Chinese Renege on $1 Billion Scrap Steel Deals, Group Says

Chinese scrap-metal buyers have reneged on about $1 billion in contracts from U.S. merchants as the market for the steelmaking raw material collapses, the Institute of Scrap Recycling Industries said.

Steelmakers, foundries and traders, ranging in size from “small to very large” and some with partial state ownership, have canceled contracts, refused delivery of shipments or demanded lower prices, according to Robin Weiner, president of the Washington-based scrap merchants’ trade group.

Weiner is lobbying the U.S. government to help stop defaults on contracts between the institute’s members and clients in the second-largest market for U.S. scrap steel after Turkey. Scrap merchants worldwide face plummeting prices after mills slashed output amid a worsening global economic recession.

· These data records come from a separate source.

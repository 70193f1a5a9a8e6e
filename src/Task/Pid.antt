-- ===== src/Task/Pid.antt =====
-- Process identifiers.
use venom_os.Base.{ℕ, ◌^◌, ◌<◌, ◌≡◌, ◌≢◌, some, arith}
use venom_os.Task.{max_tasks, no_pid, make_pid, pid_slot_index, pid_generation}

-- For a slot of the table and a generation below 2 ^ 56, the identifier gives both back, and is
-- neither `NO_PID` nor too large for 64 bits.
pub make_pid_lem :
    (slot generation : ℕ)
    → slot < max_tasks
    → generation < 2 ^ 56
    → (pid_slot_index (make_pid slot generation) ≡ some slot)
      × (pid_generation (make_pid slot generation) ≡ generation)
      × (make_pid slot generation ≢ no_pid)
      × (make_pid slot generation < 2 ^ 64)
unfolding make_pid pid_slot_index pid_generation
make_pid_lem slot generation hs hg = ground arith
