-- ===== src/Task/Tests.antt =====
-- Three tasks for task.cpp and scheduler.cpp.
use venom_os.Task.Fair.{distance, reschedule_times, reschedule-reaches_ready}
use venom_os.Base.{
  ℕ, ◌≤◌, ◌≡◌, ◌≢◌, ◌<◌, ◌^◌, ◌==◌, if◌then◌else◌, ◌⊎◌, some, refl, arith, false, true,
}
use venom_os.Task.{
  Table, Task, State, dead, ready, running, max_tasks, no_pid, make_pid, pid_slot_index,
  pid_generation, is_ready, is_running, reschedule, switch_to, start_index,
}
use venom_os.Task.Pid.{make_pid_lem}
use venom_os.Task.Schedule.{Nearest, RunsOnly, reschedule_lem, switch_to-RunsOnly}

abbrev in_state : State → Task
in_state s = record {
  rsp = 0;
  stack_base = 0;
  entry = 0;
  state = s;
  pid = 0;
  generation = 1;
  parent_pid = 0;
  first_child = 0;
  next_sibling = 0;
  exit_code = 0;
  wake_tick = 0;
  name = 0;
  cr3 = 0;
  user_entry = 0;
  user_stack_top = 0;
}

-- Slot 3 runs, slots 1 and 7 are ready.
abbrev three : Table
three = record {
  tasks = λ i.
      in_state
        (if i == 3 then running else (if i == 1 then ready else (if i == 7 then ready else dead)));
  current_index = some 3;
  kernel_cr3 = 0x1000;
  loaded_cr3 = 0x1000;
}

make_pid_lem_example :
    (pid_slot_index (make_pid 3 5) ≡ some 3)
    × (pid_generation (make_pid 3 5) ≡ 5)
    × (make_pid 3 5 ≢ no_pid)
    × (make_pid 3 5 < 2 ^ 64)
make_pid_lem_example = make_pid_lem 3 5 (omega arith) (omega arith)

reschedule_lem_example :
    ((i : ℕ) × Nearest three (start_index three) 1 129 i × (reschedule three ≡ switch_to i three))
    ⊎ (((j : ℕ) → j < max_tasks → is_ready (three.tasks j).state ≡ false)
        × (reschedule three ≡ three))
reschedule_lem_example = reschedule_lem three

three-RunsOnly : RunsOnly 3 three
three-RunsOnly j ne = ground arith

switch_to-RunsOnly_example :
    (◌≢◌ {A = ℕ} 7 3
      → ((switch_to 7 three).current_index ≡ some 7)
        × (is_running ((switch_to 7 three).tasks 7).state ≡ true)
        × RunsOnly 7 (switch_to 7 three))
    × (◌≡◌ {A = ℕ} 7 3 → switch_to 7 three ≡ three)
switch_to-RunsOnly_example = switch_to-RunsOnly 7 3 three refl three-RunsOnly

reschedule-reaches_ready_example :
    (m : ℕ) × (m ≤ distance 3 1) × (m ≤ 128) × ((reschedule_times m three).current_index ≡ some 1)
reschedule-reaches_ready_example = reschedule-reaches_ready three 3 1 refl (omega arith) refl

“Some steelmakers and traders did ask to renegotiate the price of lower-valued shipments,” said Wang Zhenwu, executive vice president of the China Association of Scrap Metal Utilization. “But the amount couldn’t be as much as $1 billion.”

The price of steel scrap No. 1 heavy melting, shipped from the U.S. East Coast, has slumped by 61 percent in the past two months and traded at $120 a metric ton on Nov. 13, according to Metal Bulletin. U.S. sales of scrap to 152 countries last year totaled $22 billion, making it the second-largest commodity export by value, according to the institute.

‘Hundreds of Millions’

“Based on conversations I’ve had with members throughout the country, we’re talking about hundreds of millions of dollars and could be over a billion dollars,” Weiner said yesterday by phone. The number in past years has been “insignificant.”

Contracts with steelmakers and brokers also have been broken in Europe, Canada, Vietnam and South Korea, Weiner said. Delinquencies in China have been most prevalent and extend beyond steel to other scrap markets like copper, fibers and plastics, she said.

Once demand steadies, U.S. buyers may seek stricter trade terms with their Chinese counterparts, including advance payments and letters of credit, said Bob Garino, the U.S. institute’s director of commodities.

China’s scrap steel imports will be less than 3 million tons this year compared with 3.3 million tons a year ago because mills are using more iron ore after prices fell, the China Association of Scrap Metal Utilization’s Wang said Nov. 3. He kept this estimate unchanged today.